Berdasarkan Pasal 26 dan 27 UU TPPU,
tugas PPATK antara lain: mengumpulkan, menyimpan, menghimpun, menganalisis,
mengevaluasi informasi yang diperoleh berdasarkan UU TPPU ini dan
menyebarluaskannya; membuat pedoman mengenai tata cara pelaporan transaksi
keuangan yang mencurigakan; memberikan nasihat dan bantuan kepada instansi lain
yang berwenang mengenai informasi yang diperoleh sesuai ketentuan UU TPPU;
memberikan rekomendasi kepada Pemerintah sehubungan dengan pencegahan dan
pemberantasan tindak pidana pencucian uang; melaporkan hasil analisis terhadap
transaksi keuangan yang berindikasi tindak pidana pencucian uang kepada
Kepolisian untuk kepentingan penyidikan dan Kejaksaan untuk kepentingan
penuntutan dan pengawasan; membuat dan menyampaikan laporan mengenai analisis
transaksi keuangan dan kegiatan lainnya secara berkala kepada Presiden, DPR dan
lembaga yang berwenang melakukan pengawasan bagi Penyedia Jasa Keuangan
(PJK). Dengan kata lain dapat dikatakan bahwa tugas pokok FIU model sudah
sepenuhnya dimiliki oleh PPATK.Kewenangan PPATK antara lain meminta dan
menerima laporan dari PJK; meminta informasi mengenai perkembangan penyidikan
atau penuntutan terhadap tindak pidana pencuian uang yang telah dilaporkan
kepada penyidik atau penunut umum. Dari tugas dan wewenang tersebut di atas
terdapat dua tugas utama yang menonjol dalam kaitannya dengan pemberantasan
tindak pidana pencucian uang, yaitu tugas mendeteksi terjadinya tindak pidana
pencucian uang dan tugas membantu penegakan hukum yang berkaitan dengan
pencucian uang dan tindak pidana yang melahirkannya (predicate offences).
Dalam menanggulangi kejahatan tidak
boleh hanya mengandalkan upaya penal saja, tetapi juga sarana non-penal yang
justru merupakan upaya yang terpenting dalam menanggulangi tindak pidana.

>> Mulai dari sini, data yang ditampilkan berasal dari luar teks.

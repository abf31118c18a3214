-- ===== src/Workitem/Done/Prepared.antt =====
-- internal/workitem/done.go: completing an item answers an error and changes no item's state, or it moves
-- a claimed item whose remainder is tracked.
use macguffin.Workitem.Done.Asked
use macguffin.Prelude.{
  ℕ, ◌≡◌, refl, sym, ap, subst, [], Option, none, Bytes, is_nil, Bool-cases, inl, inr, ◌⊎◌, some,
  List,
}
use macguffin.Store.{
  Status, claimed, done, State, Actor, Ref, Err, Result, ok, err, same_status, same_status_iff, Doc,
}
use macguffin.Store.Backend.{Keeps}
use macguffin.Workitem.Item.{Item}
use macguffin.Workitem.Resolve.{
  Access, Match, Outcome, good, bad, Failure, resolve_unique, is_not_found,
}
use macguffin.Workitem.Identity.{Outcome-cases, Result-cases}
use macguffin.Workitem.Lifecycle.{read_match, explained, status_of}
use macguffin.Workitem.Explain.{explain_done_failure}
use macguffin.Workitem.Moves.{IsReader}
use macguffin.Workitem.Guards.{require_remainder_discharged}
use macguffin.Workitem.Done.{
  Results, prior_result, write_result_beside, merged_result, keep_result, ref_of_match, link,
  guard_linked, prepare, prepared,
}
use macguffin.Workitem.Done.Held
use macguffin.Workitem.Done.Kept
use macguffin.Workitem.Done.Tracked
use macguffin.Workitem.Done.Tracked.{IsTracked}

Answer-cases : {A : Type 0} (r : Result A) → ((a : A) × (r ≡ ok a)) ⊎ ((e : Err) × (r ≡ err e))
Answer-cases (ok a) = inl (a, refl)
Answer-cases (err e) = inr (e, refl)

module _ {S : Type 0} (b : Access S) (digest : Bytes → Bytes) (derive : State → Actor → State)
    (IsId : Bytes → Type 0) (IsState : State → Type 0) (IsPartition : Bytes → Type 0)
    (k : Keeps b.backend digest derive IsId IsState IsPartition)
    (reads : IsReader b digest derive IsId IsState IsPartition k) (parse_time : Bytes → Option ℕ)
    (format_time : ℕ → Bytes) (others : ℕ → S → S)
    (holding : (n : ℕ) (s : S)
      → k.IsHealthy s
      → Held.Held b digest derive IsId IsState IsPartition k reads s (others n s))
    (vacant : (j : Bytes) → Asked.IsAsked b digest derive IsId IsState IsPartition k j) (now : ℕ)
    (who : Actor)
    (absent : (g : Bytes → S → Result (List Doc) × S)
      → b.get_all ≡ some g
      → (id : Bytes) (s : S) → IsId id
      → k.IsHealthy s
      → k.view s id ≡ none
      → (ds : List Doc) → (g id s).0 ≡ ok ds
      → ds ≡ [])
    (c : Results S)
    (reading_holds : (ref : Ref) (s : S)
      → k.IsHealthy s
      → Held.Held b digest derive IsId IsState IsPartition k reads s (c.read_result ref s).1)
    (writing_holds : (ref : Ref) (payload : Bytes) (s : S)
      → k.IsHealthy s
      → Held.Held b digest derive IsId IsState IsPartition k reads s
          (c.write_result ref payload s).1) where
  abbrev pub Same : S → S → Type 0
  Same = Held.Held b digest derive IsId IsState IsPartition k reads

  pub Same-trans : (s t u : S) → Same s t → Same t u → Same s u
  Same-trans = Held.Held-trans b digest derive IsId IsState IsPartition k reads

  abbrev in_done : Ref → Ref
  in_done ref = record { id = ref.id; status = done; partition = [] }

  abbrev again : Ref → S → Result Bytes × S
  again ref s = c.read_result (in_done ref) s

  prior_result-Same : (ref : Ref) (s : S) → k.IsHealthy s → Same s (prior_result c ref s).1
  unfolding prior_result
  prior_result-Same ref s h =
      let r = c.read_result ref s in
      let a = reading_holds ref s h in
      let q = Same-trans s r.1 (again ref r.1).1 a (reading_holds (in_done ref) r.1 a.0) in
      elim (Answer-cases r.0) [
        | inl (x, e) ↦ rw (e, prior_result) a
        | inr (x, e) ↦ elim (Bool-cases (is_not_found x)) [
          | inl y ↦ rw (e, prior_result) (rw y q)
          | inr y ↦ rw (e, prior_result) (rw y a)
        ]
      ]

  write_result_beside-Same :
      (ref : Ref) (incoming : Bytes) (s : S)
      → k.IsHealthy s
      → Same s (write_result_beside c ref incoming s).1
  unfolding write_result_beside
  write_result_beside-Same ref incoming s h =
      let p = prior_result c ref s in
      let a = prior_result-Same ref s h in
      elim (Outcome-cases (merged_result c.merge_json p.0 incoming)) [
        | inr (f, e) ↦ rw (e, write_result_beside) a
        | inl (payload, e) ↦
            let w = c.write_result ref payload p.1 in
            let q = Same-trans s p.1 w.1 a (writing_holds ref payload p.1 a.0) in
            elim (Result-cases w.0) [
              | inl o ↦ rw (e, write_result_beside) (rw o q)
              | inr (x, o) ↦ rw (e, write_result_beside) (rw o q)
            ]
      ]

  keep_result-Same :
      (m : Match) (result : Bytes) (s : S) → k.IsHealthy s → Same s (keep_result c m result s).1
  unfolding keep_result
  keep_result-Same m result s h = elim (Bool-cases (is_nil result)) [
    | inl y ↦ rw y (Held.Held-refl b digest derive IsId IsState IsPartition k reads s h)
    | inr y ↦ rw y (write_result_beside-Same (ref_of_match m) result s h)
  ]

  -- The claim that is to be completed: the record that the id names, and its item, which was linked to its
  -- successors and is tracked.
  pub record Cleared (id successor : Bytes) (s : S) (m : Match) (t : S) : Type 0 where
    pub named : (resolve_unique b id s).0 ≡ good m
    pub takes : IsId m.id
    pub is_claimed : m.status ≡ claimed
    pub found : Item
    pub was_read : read_match b parse_time m ≡ good found
    pub before : S
    pub after : S
    pub linked : Item
    pub links :
        link b digest parse_time format_time others now who m found successor before
        ≡ (good linked, after)
    pub untouched : Same s before
    pub still : Same s t
    pub tracked : IsTracked IsId linked (k.view after)

  abbrev pub PreparedEnds : Bytes → Bytes → S → Outcome Match → S → Type 0
  PreparedEnds id successor s (bad f) t = Same s t
  PreparedEnds id successor s (good m) t = Cleared id successor s m t

  abbrev linked_to : Match → Item → Bytes → S → Outcome Item × S
  linked_to = link b digest parse_time format_time others now who

  guard_linked-Ends :
      (id successor : Bytes) (s : S) (m : Match) (found : Item) (w : S)
      → (resolve_unique b id s).0 ≡ good m
      → m.status ≡ claimed
      → read_match b parse_time m ≡ good found
      → IsId m.id
      → Same s w
      → let out =
          guard_linked b digest parse_time format_time others now who m
            (linked_to m found successor w) in
        PreparedEnds id successor s out.0 out.1
  unfolding guard_linked
  guard_linked-Ends id successor s m found w n cl rd i a =
      let l = linked_to m found successor w in
      let al = Same-trans s w l.1 a (
        Kept.link-Same b digest derive IsId IsState IsPartition k reads parse_time format_time
          others holding vacant now who m found successor w i a.0) in
      elim (Outcome-cases l.0) [
        | inr (f, e) ↦
            let v : guard_linked b digest parse_time format_time others now who m l ≡ (bad f, l.1) =
              rw (e, guard_linked) refl in
            subst (λ o. PreparedEnds id successor s o.0 o.1) (sym v) al
        | inl (it, e) ↦
            let g = require_remainder_discharged b it l.1 in
            let ag = Same-trans s l.1 g.1 al (
              Kept.require_remainder_discharged-Same b digest derive IsId IsState IsPartition k
                reads parse_time format_time others holding vacant now who it l.1 al.0) in
            elim (Outcome-cases g.0) [
              | inr (f, d) ↦
                  let v : guard_linked b digest parse_time format_time others now who m l
                      ≡ (bad f, g.1) =
                    rw (e, guard_linked) (rw d refl) in
                  subst (λ o. PreparedEnds id successor s o.0 o.1) (sym v) ag
              | inl (x, d) ↦
                  let v : guard_linked b digest parse_time format_time others now who m l
                      ≡ (good m, g.1) =
                    rw (e, guard_linked) (rw d refl) in
                  subst (λ o. PreparedEnds id successor s o.0 o.1) (sym v)
                    (record {
                      named = n;
                      takes = i;
                      is_claimed = cl;
                      found = found;
                      was_read = rd;
                      before = w;
                      after = l.1;
                      linked = it;
                      links = ap (λ y. (y, l.1)) e;
                      untouched = a;
                      still = ag;
                      tracked =
                          Tracked.discharged-IsTracked b digest derive IsId IsState IsPartition k
                            reads vacant absent it l.1 al.0 d;
                    })
            ]
      ]

  prepare-Ends :
      (id result successor : Bytes) (s : S) (m : Match) (r : S)
      → (resolve_unique b id s).0 ≡ good m
      → m.status ≡ claimed
      → IsId m.id
      → Same s r
      → let out = prepare b digest parse_time format_time others now who c m result successor r in
        PreparedEnds id successor s out.0 out.1
  unfolding prepare
  prepare-Ends id result successor s m r n cl i a =
      let out = prepare b digest parse_time format_time others now who c m result successor r in
      let w = keep_result c m result r in
      let aw = Same-trans s r w.1 a (keep_result-Same m result r a.0) in
      elim (Outcome-cases (read_match b parse_time m)) [
        | inr (f, e) ↦
            let v : out ≡ (bad f, r) = rw (e, prepare) refl in
            subst (λ o. PreparedEnds id successor s o.0 o.1) (sym v) a
        | inl (it, e) ↦ elim (Outcome-cases w.0) [
          | inr (f, d) ↦
              let v : out ≡ (bad f, w.1) = rw (e, prepare) (rw d refl) in
              subst (λ o. PreparedEnds id successor s o.0 o.1) (sym v) aw
          | inl (x, d) ↦
              let g =
                guard_linked b digest parse_time format_time others now who m
                  (linked_to m it successor w.1) in
              let v : out ≡ g = rw (e, prepare) (rw d refl) in
              subst (λ o. PreparedEnds id successor s o.0 o.1) (sym v)
                (guard_linked-Ends id successor s m it w.1 n cl e i aw)
        ]
      ]

  pub explained-Same :
      (A : Type 0) (why : Option Status → Failure) (id : Bytes) (s : S)
      → k.IsHealthy s
      → Same s (explained b {A = A} why id s).1
  unfolding status_of
  explained-Same A why id s h =
      Kept.resolve_unique-Same b digest derive IsId IsState IsPartition k reads parse_time
        format_time others holding vacant now who id s h

  pub prepared-Ends :
      (id result successor : Bytes) (s : S)
      → k.IsHealthy s
      → let out = prepared b digest parse_time format_time others now who c id result successor s in
        PreparedEnds id successor s out.0 out.1
  unfolding prepared same_status
  prepared-Ends id result successor s h =
      let out = prepared b digest parse_time format_time others now who c id result successor s in
      let r = resolve_unique b id s in
      let a =
        Kept.resolve_unique-Same b digest derive IsId IsState IsPartition k reads parse_time
          format_time others holding vacant now who id s h in
      elim (Outcome-cases r.0) [
        | inr (f, e) ↦
            let v : out ≡ (bad f, r.1) = rw (e, prepared) refl in
            subst (λ o. PreparedEnds id successor s o.0 o.1) (sym v) a
        | inl (m, e) ↦ elim (Bool-cases (same_status m.status claimed)) [
          | inl y ↦
              let g =
                prepare b digest parse_time format_time others now who c m result successor r.1 in
              let v : out ≡ g = rw (e, prepared) (rw y refl) in
              subst (λ o. PreparedEnds id successor s o.0 o.1) (sym v)
                (prepare-Ends id result successor s m r.1 e ((same_status_iff m.status claimed).0 y)
                  (Asked.resolve_unique-IsId b digest derive IsId IsState IsPartition k reads vacant
                    id s m h e)
                  a)
          | inr y ↦
              let x = explained b {A = Match} explain_done_failure id r.1 in
              let v : out ≡ x = rw (e, prepared) (rw y refl) in
              subst (λ o. PreparedEnds id successor s o.0 o.1) (sym v)
                (Same-trans s r.1 x.1 a (explained-Same Match explain_done_failure id r.1 a.0))
        ]
      ]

Pada
awalnya PPATK lebih difokuskan dalam rangka upaya preventif dibandingkan dengan
upaya represif, namun dalam perkembanganya perlu ditekankan juga upaya
represif, karena PPATK sangat mendukung dan membantudalam penegakan hukum di
Indonesia.
Dilihat dari aspek
pemberantasan, TPPU yang ditangani KPK hanya terbatas pada TPPU yang predicate
crime-nya TPK, hal ini sejalan dengan ketentuan UU No. 8 Tahun 2010
Pasal 71, bahwa penyidikan TPPU dilakukan oleh penyidik tindak pidana asal
sesuai dengan ketentuan hukum acara dan ketentuan peraturan perundang-undangan,
kecuali ditentukan lain menurut undang-undang ini.
Penjelasan: Yang
dimaksud dengan “penyidik tindak pidana asal” adalah pejabat dari instansi yang
oleh undang-undang diberi kewenangan untuk melakukan penyidikan, yaitu
Kepolisian Negara RI, Kejaksaan, KPK, BNN, serta Dirjen Pajak dan Dirjen Bea
dan Cukai Kemenkeu RI. Penyidik tindak pidana asal dapat melakukan penyidikan
TPPU apabila menemukan bukti permulaan yang cukup terjadinya TPPU saat
melakukan tindak pidana asal sesuai dengan kewenangannya. Sejalan dengan kewenangan penanganan TPPU yang
dimiliki oleh KPU sebagaimana dimaksud dalam UU No. 8 Tahun 2010 tersebut, maka dalam hal penanganan TPK ditemukan
TPPU, maka KPK akan menerapkan UU No. 8 Tahun 2010.